Problem to solve ▸
In the records below, begin at the line that has "end_of true exec" and stop after the line that has "-- What the statements"; quote those lines verbatim and nothing more.
"""
-- ===== src/Workflows/Topo.antt =====
-- core/src/extensions/workflows/executor.rs, `topo_sort`: Kahn's algorithm. The `HashMap` of in-degrees
-- is a list of entries, one for each key; the order in which it is walked is an argument.
use root_cx.Prelude.{
  ℕ, zero, suc, ◌+◌, Bool, true, false, Option, none, some, List, [], ◌∷◌, ◌++◌, map, Text, text_eq,
  length, ◌==◌, if◌then◌else◌,
}
use root_cx.Workflows.Graph.{WorkflowNode, WorkflowEdge, WorkflowGraph}
pub mod Degrees
pub mod Keys
pub mod Kahn
pub mod Order

abbrev pub Degrees : Type 0
Degrees = List (Text × ℕ)

-- `in_degree.entry(id).or_insert(0)`
unfoldable pub ensure : Text → Degrees → Degrees
ensure id [] = (id, 0) ∷ []
ensure id ((k, d) ∷ m) =
    let later = (k, d) ∷ ensure id m in if text_eq k id then (k, d) ∷ m else later

-- `*in_degree.entry(id).or_insert(0) += 1`
unfoldable pub bump : Text → Degrees → Degrees
bump id [] = (id, 1) ∷ []
bump id ((k, d) ∷ m) =
    let later = (k, d) ∷ bump id m in if text_eq k id then (k, suc d) ∷ m else later

-- `if let Some(d) = in_degree.get_mut(id) { *d -= 1 }`: the new degree, or the overflow at zero.
pub data Lowered : Type 0 where
  absent : Lowered
  overflow : Lowered
  lowered : ℕ → Degrees → Lowered

abbrev pub lower_here : Text → ℕ → Degrees → Lowered
lower_here k zero m = overflow
lower_here k (suc d) m = lowered d ((k, d) ∷ m)

abbrev pub behind : Text → ℕ → Lowered → Lowered
behind k d absent = absent
behind k d overflow = overflow
behind k d (lowered d' m) = lowered d' ((k, d) ∷ m)

unfoldable pub lower : Text → Degrees → Lowered
lower id [] = absent
lower id ((k, d) ∷ m) =
    let later = behind k d (lower id m) in if text_eq k id then lower_here k d m else later

unfoldable pub in_degrees : List WorkflowNode → List WorkflowEdge → Degrees → Degrees
in_degrees [] [] m = m
in_degrees [] (e ∷ edges) m = in_degrees [] edges (bump e.to m)
in_degrees (n ∷ nodes) edges m = in_degrees nodes edges (ensure n.id m)

unfoldable pub zero_keys : Degrees → List Text
zero_keys [] = []
zero_keys ((k, d) ∷ m) = let rest = zero_keys m in if d == 0 then k ∷ rest else rest

-- The degrees and the queue.
abbrev pub Work : Type 0
Work = Degrees × List Text

abbrev pub queued : Text → Degrees → List Text → Lowered → Option Work
queued to degrees queue absent = some (degrees, queue)
queued to degrees queue overflow = none
queued to degrees queue (lowered d m) = some (m, if d == 0 then queue ++ to ∷ [] else queue)

-- The body of the loop over the edges; `none` is the overflow.
unfoldable pub relax_edge : Text → WorkflowEdge → Work → Option Work
relax_edge n e (degrees, queue) =
    if text_eq e.from n
    then queued e.to degrees queue (lower e.to degrees)
    else some (degrees, queue)

abbrev pub and_then : Option Work → (Work → Option Work) → Option Work
and_then none next = none
and_then (some w) next = next w

unfoldable pub relax : Text → List WorkflowEdge → Work → Option Work
relax n [] w = some w
relax n (e ∷ edges) w = and_then (relax_edge n e w) (relax n edges)

pub data Sorted : Type 0 where
  sorted : List Text → Sorted
  overflowed : Sorted
  ran_out : Sorted

abbrev pub onto : List Text → List Text → List Text
onto [] order = order
onto (x ∷ xs) order = onto xs (x ∷ order)

abbrev pub or_overflowed : Option Work → (Work → Sorted) → Sorted
or_overflowed none next = overflowed
or_overflowed (some w) next = next w

-- The `while` loop, with fuel. What is pushed to `order` is held in reverse.
unfoldable pub drain : List WorkflowEdge → ℕ → Work → List Text → Sorted
drain edges zero w taken = ran_out
drain edges (suc fuel) (degrees, []) taken = sorted (onto taken [])
drain edges (suc fuel) (degrees, n ∷ queue) taken =
    or_overflowed (relax n edges (degrees, queue)) (λ w. drain edges fuel w (n ∷ taken))

unfoldable pub topo_sort : (List Text → List Text) → WorkflowGraph → Sorted
topo_sort walk graph =
    let degrees = in_degrees graph.nodes graph.edges [] in
    drain graph.edges (suc (length degrees)) (degrees, walk (zero_keys degrees)) []
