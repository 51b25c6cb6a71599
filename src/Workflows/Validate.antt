-- ===== src/Workflows/Validate.antt =====
-- core/src/extensions/workflows/validate.rs: the issues of a graph, in the order in which they are
-- found. The message of an issue is its constructor.
use root_cx.Prelude.{
  ℕ, zero, suc, ◌≡◌, Bool, true, false, not, ◌&&◌, ◌||◌, Option, none, some, List, [], ◌∷◌, ◌++◌,
  map, Text, bytes, text_eq, any, length, if◌then◌else◌,
}
use root_cx.Prelude.Sets.{contains}
use root_cx.Workflows.Json.{
  Value, null, bool, number, string, array, object, Values, nil, cons, Entries, end, entry,
}
use root_cx.Workflows.Graph.{WorkflowNode, WorkflowEdge, WorkflowGraph}
use root_cx.Workflows.Expr.{split_once}
use root_cx.Workflows.Routing.{is_trigger_kind}
pub mod Sound

pub data Issue : Type 0 where
  duplicate : Text → Issue
  no_trigger : Issue
  no_source : Text → Issue
  no_target : Text → Issue
  no_node : Text → Issue

abbrev pub node_ids : WorkflowGraph → List Text
node_ids graph = map (λ (n : WorkflowNode). n.id) graph.nodes

-- `!seen.insert(id)`, with what was seen. Where as many ids are in the set as in the list there is none.
unfoldable pub duplicates : List Text → List Text → List Issue
duplicates seen [] = []
duplicates seen (id ∷ ids) =
    let rest = duplicates (id ∷ seen) ids in if contains seen id then duplicate id ∷ rest else rest

abbrev pub missing : Bool → Issue → List Issue
missing present issue = if present then [] else issue ∷ []

unfoldable pub dangling : List Text → List WorkflowEdge → List Issue
dangling ids [] = []
dangling ids (e ∷ edges) =
    missing (contains ids e.from) (no_source e.from)
    ++ (missing (contains ids e.to) (no_target e.to) ++ dangling ids edges)

abbrev pub names_node : Text → Issue → Bool
names_node id (no_node other) = text_eq id other
names_node id _ = false

-- `if !errors.contains(&msg) { errors.push(msg) }`, for an id that is not valid.
abbrev pub note : List Text → Text → List Issue → List Issue
note ids id errors =
    if contains ids id
    then errors
    else if any (names_node id) errors
    then errors
    else errors ++ no_node id ∷ []

abbrev pub on_part {ℓ} : {A : Type ℓ} → Option (Text × Text) → A → (Text → Text → A) → A
on_part none otherwise found = otherwise
on_part (some (before, after)) otherwise found = found before after

-- The `while` loop for one pattern; `fuel` is at least the length of `rest`.
unfoldable pub refs_from : ℕ → Text → Text → List Text → Text → List Issue → List Issue
refs_from zero pat quote ids rest errors = errors
refs_from (suc fuel) pat quote ids rest errors =
    on_part (split_once rest pat) errors (λ before after.
      on_part (split_once after quote) errors
        (λ node_id tail. refs_from fuel pat quote ids tail (note ids node_id errors)))

abbrev pub pattern_double : Text
pattern_double = bytes "$node[" ++ b'"' ∷ []

abbrev pub pattern_single : Text
pattern_single = bytes "$node['"

unfoldable pub extract_node_refs : List Text → Text → List Issue → List Issue
extract_node_refs ids s errors =
    refs_from (length s) pattern_single (b'\'' ∷ []) ids s
      (refs_from (length s) pattern_double (b'"' ∷ []) ids s errors)

unfoldable mutual
  unfolding extract_node_refs

  pub collect_node_refs : List Text → Value → List Issue → List Issue
  collect_node_refs ids (string s) errors = extract_node_refs ids s errors
  collect_node_refs ids (object entries) errors = collect_entries ids entries errors
  collect_node_refs ids (array values) errors = collect_values ids values errors
  collect_node_refs ids null errors = errors
  collect_node_refs ids (bool b) errors = errors
  collect_node_refs ids (number n) errors = errors

  pub collect_values : List Text → Values → List Issue → List Issue
  collect_values ids nil errors = errors
  collect_values ids (cons v vs) errors = collect_values ids vs (collect_node_refs ids v errors)

  pub collect_entries : List Text → Entries → List Issue → List Issue
  collect_entries ids end errors = errors
  collect_entries ids (entry k v rest) errors =
      collect_entries ids rest (collect_node_refs ids v errors)

unfoldable pub nodes_refs : List Text → List WorkflowNode → List Issue → List Issue
nodes_refs ids [] errors = errors
nodes_refs ids (n ∷ nodes) errors = nodes_refs ids nodes (collect_node_refs ids n.params errors)

abbrev pub has_trigger : WorkflowGraph → Bool
has_trigger graph = any (λ (n : WorkflowNode). is_trigger_kind n.kind) graph.nodes

-- The empty list is `Ok(())`.
unfoldable pub validate : WorkflowGraph → List Issue
validate graph =
    let ids = node_ids graph in
    nodes_refs ids graph.nodes
      (duplicates [] ids ++ (missing (has_trigger graph) no_trigger ++ dangling ids graph.edges))
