-- ===== src/Workflows/Runner.antt =====
-- core/src/extensions/workflows/runner.rs: a durable run. Its node runs are rows that the caller may
-- hold back, write by write, as `let _ =` lets them fail, and each execution of a node may be one that
-- is not reached or does not return. The clock and the lease's renewal are left out.
use root_cx.Prelude.{
  ℕ, zero, suc, ◌+◌, ◌*◌, ◌-◌, ◌%◌, ◌^◌, Bool, true, false, ◌&&◌, ◌||◌, Option, none, some, List,
  [], ◌∷◌, ◌++◌, Text, bytes, text_eq, ltb, if◌then◌else◌,
}
use root_cx.Prelude.Sets.{contains}
use root_cx.Prelude.Maps.{Map, empty, insert}
use root_cx.Workflows.Json.{Value, Number, bool, number, string, array, nil, cons, get, one_entry}
use root_cx.Workflows.Graph.{WorkflowNode, WorkflowGraph, WorkflowNodeRunStatus, status_name}
use root_cx.Workflows.Items.{active_ports}
use root_cx.Workflows.Expr.{Engine}
use root_cx.Workflows.Routing.{should_execute}
use root_cx.Workflows.Execute.{Tools, NodeExecution, execute_node}
use root_cx.Workflows.NodeRuns.{
  NodeRun, upsert, Resume, with_output, add_done, seed_row, seed_rows, seed_resume,
}
pub mod Rows
pub mod Steps
pub mod Replay

pub record RetryPolicy : Type 0 where
  pub max_attempts : ℕ
  pub backoff_ms : ℕ
  pub continue_on_error : Bool

abbrev pub field_of : Text → Option Value → Option Value
field_of key none = none
field_of key (some v) = get key v

abbrev pub u64_or : ℕ → Option Value → ℕ
u64_or default (some (number (Number.unsigned n))) = n
u64_or default _ = default

abbrev pub bool_or : Bool → Option Value → Bool
bool_or default (some (bool b)) = b
bool_or default _ = default

-- `.max(1) as u32`
abbrev pub at_least_one : ℕ → ℕ
at_least_one n = (if ltb n 1 then 1 else n) % 2 ^ 32

unfoldable pub retry_policy : WorkflowNode → RetryPolicy
retry_policy node =
    let r = get (bytes "retry") node.params in
    record {
      max_attempts = at_least_one (u64_or 1 (field_of (bytes "maxAttempts") r));
      backoff_ms = u64_or 500 (field_of (bytes "backoffMs") r);
      continue_on_error = bool_or false (get (bytes "continueOnError") node.params);
    }

pub data WorkflowEvent : Type 0 where
  node : Text → Text → Value → Option Text → WorkflowEvent
  done : Text → Option Text → WorkflowEvent

-- What the loop changes, with the rows, the events in the order of their publication, how many tool
-- calls and writes were made, how many executions of a node have returned, and the milliseconds slept.
pub record Progress : Type 0 where
  pub active_ports : Map (List ℕ)
  pub run_outputs : Map Value
  pub all_succeeded : Bool
  pub first_error : Option Text
  pub aborted : Bool
  pub halted : Bool
  pub rows : List NodeRun
  pub events : List WorkflowEvent
  pub made : ℕ
  pub written : ℕ
  pub returned : ℕ
  pub slept : ℕ

-- What the loop reads; `stored n` is false where the n-th write of the run fails, `answers n` where the
-- n-th execution of a node does not return, as a tool or a script hangs, or the pause before it is
-- without end.
pub record Run : Type 0 where
  pub engine : Engine
  pub tools : Tools
  pub exec_id : Text
  pub graph : WorkflowGraph
  pub done : List Text
  pub stored : ℕ → Bool
  pub answers : ℕ → Bool

-- What the loop comes to: it may be left in a node's execution that does not return.
pub data Loop : Type 0 where
  ends hangs : Progress → Loop
  panics : Loop

unfoldable pub persist_node_run : (ℕ → Bool) → NodeRun → Progress → Progress
persist_node_run stored row s = record s {
  rows = if stored s.written then upsert row s.rows else s.rows;
  written = suc s.written;
}

abbrev pub row_for : Text → WorkflowNodeRunStatus → NodeExecution → Value → ℕ → NodeRun
row_for node_id status ex output attempt = record {
  node_id = node_id;
  status = status_name status;
  input = ex.input_json;
  output = some output;
  error = ex.error;
  attempts = attempt;
}

abbrev pub is_failed : WorkflowNodeRunStatus → Bool
is_failed WorkflowNodeRunStatus.failed = true
is_failed _ = false

abbrev pub text_or_empty : Option Text → Text
text_or_empty none = []
text_or_empty (some t) = t

-- `json!([[{ "json": { "error": .. } }]])`
abbrev pub error_output : Option Text → Value
error_output error =
    let item =
      one_entry (bytes "json") (one_entry (bytes "error") (string (text_or_empty error))) in
    array (cons (array (cons item nil)) nil)

abbrev pub recorded : RetryPolicy → NodeExecution → WorkflowNodeRunStatus × Value
recorded policy ex =
    if is_failed ex.status && policy.continue_on_error
    then (WorkflowNodeRunStatus.succeeded, error_output ex.error)
    else (ex.status, ex.output_json)

-- `ex.error.clone().or_else(|| Some("node failed".into()))`
abbrev pub error_or_failed : Option Text → Option Text
error_or_failed none = some (bytes "node failed")
error_or_failed (some e) = some e

abbrev pub first_of_two : Option Text → Option Text → Option Text
first_of_two none other = other
first_of_two (some e) other = some e

abbrev pub unsettled : WorkflowNodeRunStatus → Option Text → Progress → Progress
unsettled status error s = record s {
  all_succeeded = false;
  first_error = first_of_two s.first_error (error_or_failed error);
  aborted = s.aborted || is_failed status;
}

-- The branches on `rec_status`.
abbrev pub settle : Text → WorkflowNodeRunStatus → Value → Option Text → Progress → Progress
settle node_id WorkflowNodeRunStatus.succeeded output error s = record s {
  active_ports = insert node_id (active_ports output) s.active_ports;
  run_outputs = insert node_id output s.run_outputs;
}
settle node_id status output error s = unsettled status error s

abbrev pub publish : WorkflowEvent → Progress → Progress
publish event s = record s { events = s.events ++ event ∷ [] }

abbrev pub mark_halted : Bool → Progress → Progress
mark_halted halt s = record s { halted = s.halted || halt }

-- The end of the last attempt.
unfoldable pub conclude :
    (ℕ → Bool) → Text → WorkflowNodeRunStatus → Value → NodeExecution → ℕ → Progress → Progress
conclude stored node_id rec_status output ex attempt s = mark_halted ex.halt (
    settle node_id rec_status output ex.error (
      publish (node node_id (status_name rec_status) output ex.error)
        (persist_node_run stored (row_for node_id rec_status ex output attempt) s)))

abbrev pub with_made : ℕ → Progress → Progress
with_made made s = record s { made = made; returned = suc s.returned }

-- Each attempt starts from the caches, which an attempt that fails leaves as they are.
abbrev pub on_executed : Bool → Option NodeExecution → Progress → (NodeExecution → Loop) → Loop
on_executed false ex s next = hangs s
on_executed true none s next = panics
on_executed true (some ex) s next = next ex

abbrev pub executed : Run → WorkflowNode → Progress → (NodeExecution → Loop) → Loop
executed run n s =
    on_executed (run.answers s.returned)
      (execute_node run.engine run.tools run.exec_id n run.graph s.run_outputs s.made) s

abbrev pub concluded : Run → Text → WorkflowNode → NodeExecution → ℕ → Progress → Progress
concluded run node_id n ex attempt s =
    let (rec_status, output) = recorded (retry_policy n) ex in
    conclude run.stored node_id rec_status output ex attempt (with_made ex.made s)

-- `sleep(Duration::from_millis(policy.backoff_ms * attempt as u64))`; the product of two `u64` is that
-- of an optimised build, where it wraps around.
abbrev pub pause : RetryPolicy → ℕ → Progress → Progress
pause policy attempt s = record s { slept = s.slept + (policy.backoff_ms * attempt) % 2 ^ 64 }

abbrev pub failed_attempt : Run → Text → WorkflowNode → NodeExecution → ℕ → Progress → Progress
failed_attempt run node_id n ex attempt s = pause (retry_policy n) attempt (
    persist_node_run run.stored
      (row_for node_id WorkflowNodeRunStatus.failed ex ex.output_json attempt)
      (with_made ex.made s))

-- The `loop`, with the attempts that `attempt < policy.max_attempts` leaves.
unfoldable pub attempts_from : Run → Text → WorkflowNode → ℕ → ℕ → Progress → Loop
attempts_from run node_id n zero attempt s =
    executed run n s (λ ex. ends (concluded run node_id n ex attempt s))
attempts_from run node_id n (suc left) attempt s = executed run n s (λ ex.
    let again =
      attempts_from run node_id n left (suc attempt) (failed_attempt run node_id n ex attempt s) in
    if is_failed ex.status then again else ends (concluded run node_id n ex attempt s))

unfoldable pub run_node : Run → Text → WorkflowNode → Progress → Loop
run_node run node_id n s = attempts_from run node_id n ((retry_policy n).max_attempts - 1) 1 s

-- A later node of the same id replaces an earlier one.
unfoldable pub node_map : List WorkflowNode → Map WorkflowNode → Map WorkflowNode
node_map [] found = found
node_map (n ∷ nodes) found = node_map nodes (insert n.id n found)

abbrev pub unless_stopped : Loop → (Progress → Loop) → Loop
unless_stopped panics next = panics
unless_stopped (hangs s) next = hangs s
unless_stopped (ends s) next = if s.aborted || s.halted then ends s else next s

abbrev pub on_node : Option WorkflowNode → Loop → (WorkflowNode → Loop) → Loop
on_node none skip visit = skip
on_node (some n) skip visit = visit n

-- The loop over `order`.
unfoldable pub drive : Run → List Text → Progress → Loop
drive run [] s = ends s
drive run (node_id ∷ order) s =
    let skip = drive run order s in
    on_node (node_map run.graph.nodes empty node_id) skip (λ n.
      let visit = unless_stopped (run_node run node_id n s) (drive run order) in
      if contains run.done node_id
      then skip
      else if should_execute node_id run.graph s.active_ports
      then visit
      else skip)

abbrev pub started : List NodeRun → Progress
started prior = record {
  active_ports = (seed_resume prior).active_ports;
  run_outputs = (seed_resume prior).run_outputs;
  all_succeeded = true;
  first_error = none;
  aborted = false;
  halted = false;
  rows = prior;
  events = [];
  made = 0;
  written = 0;
  returned = 0;
  slept = 0;
}
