-- ===== src/Workflows/Run.antt =====
-- core/src/extensions/workflows/runner.rs, `create_execution` and `run`: an execution from its row to
-- the final one. The clock and the lease's heartbeat are left out; a statement that fails is taken to
-- change nothing.
use root_cx.Prelude.{
  ℕ, suc, ◌+◌, ◌≡◌, Bool, true, false, ◌&&◌, Option, none, some, List, [], ◌∷◌, ◌++◌, Text, bytes,
  text_eq, ◌==◌, if◌then◌else◌,
}
use root_cx.Workflows.Json.{Value}
use root_cx.Workflows.Graph.{
  WorkflowNode, WorkflowGraph, WorkflowExecutionStatus, execution_status_name,
}
use root_cx.Workflows.Expr.{Engine}
use root_cx.Workflows.Topo.{Sorted, sorted, overflowed, ran_out, topo_sort}
use root_cx.Workflows.Routing.{is_trigger_kind}
use root_cx.Workflows.Execute.{Tools}
use root_cx.Workflows.Validate.{Issue, validate}
use root_cx.Workflows.NodeRuns.{NodeRun, seed_resume}
use root_cx.Workflows.Runner.{Progress, Run, Loop, WorkflowEvent, drive, started, publish}
use root_cx.Workflows.Runner
pub mod Ends

-- A row of workflow_executions.
pub record Execution : Type 0 where
  pub id : Text
  pub run_as_user_id : Text
  pub status : WorkflowExecutionStatus
  pub graph : Option WorkflowGraph
  pub lease_msg_id : Option ℕ
  pub attempts : ℕ
  pub error : Option Text

-- `graph.nodes.iter_mut().find(..)`: the parameters of the first trigger.
unfoldable pub with_trigger_data : Value → List WorkflowNode → List WorkflowNode
with_trigger_data td [] = []
with_trigger_data td (n ∷ nodes) =
    let rest = n ∷ with_trigger_data td nodes in
    if is_trigger_kind n.kind then record n { params = td } ∷ nodes else rest

abbrev pub snapshot : Option Value → WorkflowGraph → WorkflowGraph
snapshot none graph = graph
snapshot (some td) graph = record graph { nodes = with_trigger_data td graph.nodes }

-- `workflow` is the graph of the workflow if it is found and enabled, `id` a fresh one.
unfoldable pub create_execution :
    Option WorkflowGraph → Text → Text → Option Value → Option ℕ → Option Execution
create_execution none id user_id trigger_data lease_msg_id = none
create_execution (some graph) id user_id trigger_data lease_msg_id = some (record {
  id = id;
  run_as_user_id = user_id;
  status = WorkflowExecutionStatus.queued;
  graph = some (snapshot trigger_data graph);
  lease_msg_id = lease_msg_id;
  attempts = 0;
  error = none;
})

abbrev pub is_open : WorkflowExecutionStatus → Bool
is_open WorkflowExecutionStatus.queued = true
is_open WorkflowExecutionStatus.running = true
is_open _ = false

abbrev pub leased_by : Option ℕ → ℕ → Bool
leased_by none msg_id = false
leased_by (some m) msg_id = m == msg_id

abbrev pub is_runnable : Text → ℕ → Execution → Bool
is_runnable user_id lease_msg_id exec =
    text_eq exec.run_as_user_id user_id
    && (leased_by exec.lease_msg_id lease_msg_id && is_open exec.status)

-- The rows are those of the table, the newest first.
unfoldable pub inflight_for_lease : List Execution → ℕ → Option Text
inflight_for_lease [] msg_id = none
inflight_for_lease (exec ∷ rows) msg_id =
    let older = inflight_for_lease rows msg_id in
    if leased_by exec.lease_msg_id msg_id && is_open exec.status then some exec.id else older

-- Which of the statements of `run` succeed: the SELECT of the execution, the UPDATE that makes it
-- running, the SELECT of its node runs, and the UPDATE at the end.
pub record Statements : Type 0 where
  pub loads : Bool
  pub starts : Bool
  pub reads : Bool
  pub finishes : Bool

-- An error before the row is changed.
pub data Refusal : Type 0 where
  load_failed mismatch no_graph start_failed : Refusal
  invalid : List Issue → Refusal

-- With the row as it is left, and the progress where there is one.
pub data Ran : Type 0 where
  refused : Refusal → Ran
  panics : Ran
  read_failed : Execution → Ran
  hangs : Execution → Progress → Ran
  finish_failed : Execution → Progress → Ran
  ended : Execution → Progress → Ran

abbrev pub begun : Execution → Execution
begun exec = record exec { status = WorkflowExecutionStatus.running; attempts = suc exec.attempts }

abbrev pub final_status : Progress → WorkflowExecutionStatus
final_status s =
    if s.all_succeeded then WorkflowExecutionStatus.succeeded else WorkflowExecutionStatus.failed

abbrev pub finished : Execution → Progress → Execution
finished exec s = record exec {
  status = final_status s;
  error = s.first_error;
  lease_msg_id = none;
}

abbrev pub end_of : Bool → Execution → Loop → Ran
end_of finishes exec Loop.panics = panics
end_of finishes exec (Loop.hangs s) = hangs exec s
end_of false exec (Loop.ends s) = finish_failed exec s
end_of true exec (Loop.ends s) =
    ended (finished exec s)
      (publish (Runner.done (execution_status_name (final_status s)) s.first_error) s)

-- What the statements and the executions of the nodes come to: `stored` and `answers` as in `Run`.
pub record Outside : Type 0 where
  pub engine : Engine
  pub tools : Tools
  pub stored : ℕ → Bool
  pub answers : ℕ → Bool
  pub statements : Statements

abbrev pub run_for : Outside → Text → WorkflowGraph → List NodeRun → Run
run_for outside exec_id graph prior = record {
  engine = outside.engine;
  tools = outside.tools;
  exec_id = exec_id;
  graph = graph;
  done = (seed_resume prior).done;
  stored = outside.stored;
  answers = outside.answers;
}

abbrev pub along : (List Text → Ran) → Sorted → Ran
along next (sorted order) = next order
along next overflowed = panics
along next ran_out = panics

abbrev pub unless_invalid : List Issue → Ran → Ran
unless_invalid [] next = next
unless_invalid (e ∷ errors) next = refused (invalid (e ∷ errors))

-- From the UPDATE that makes the row running, on the row as this leaves it.
abbrev pub run_begun :
    Outside → (List Text → List Text) → Execution → List NodeRun → WorkflowGraph → Ran
run_begun outside walk exec prior graph =
    along
      (λ order.
        if outside.statements.reads
        then end_of outside.statements.finishes exec
            (drive (run_for outside exec.id graph prior) order (started prior))
        else read_failed exec)
      (topo_sort walk graph)

abbrev pub run_graph :
    Outside → (List Text → List Text) → Execution → List NodeRun → Option WorkflowGraph → Ran
run_graph outside walk exec prior none = refused no_graph
run_graph outside walk exec prior (some graph) = unless_invalid (validate graph) (
    if outside.statements.starts
    then run_begun outside walk (begun exec) prior graph
    else refused start_failed)

-- `prior` is what the node runs of the execution are, `walk` the order of a `HashMap`.
unfoldable pub run : Outside → (List Text → List Text) → Text → ℕ → Execution → List NodeRun → Ran
run outside walk user_id lease_msg_id exec prior =
    if outside.statements.loads
    then if is_runnable user_id lease_msg_id exec
      then run_graph outside walk exec prior exec.graph
      else refused mismatch
    else refused load_failed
"""
Reply ▸
end_of true exec (Loop.ends s) =
    ended (finished exec s)
      (publish (Runner.done (execution_status_name (final_status s)) s.first_error) s)

-- What the statements and the executions of the nodes come to: `stored` and `answers` as in `Run`.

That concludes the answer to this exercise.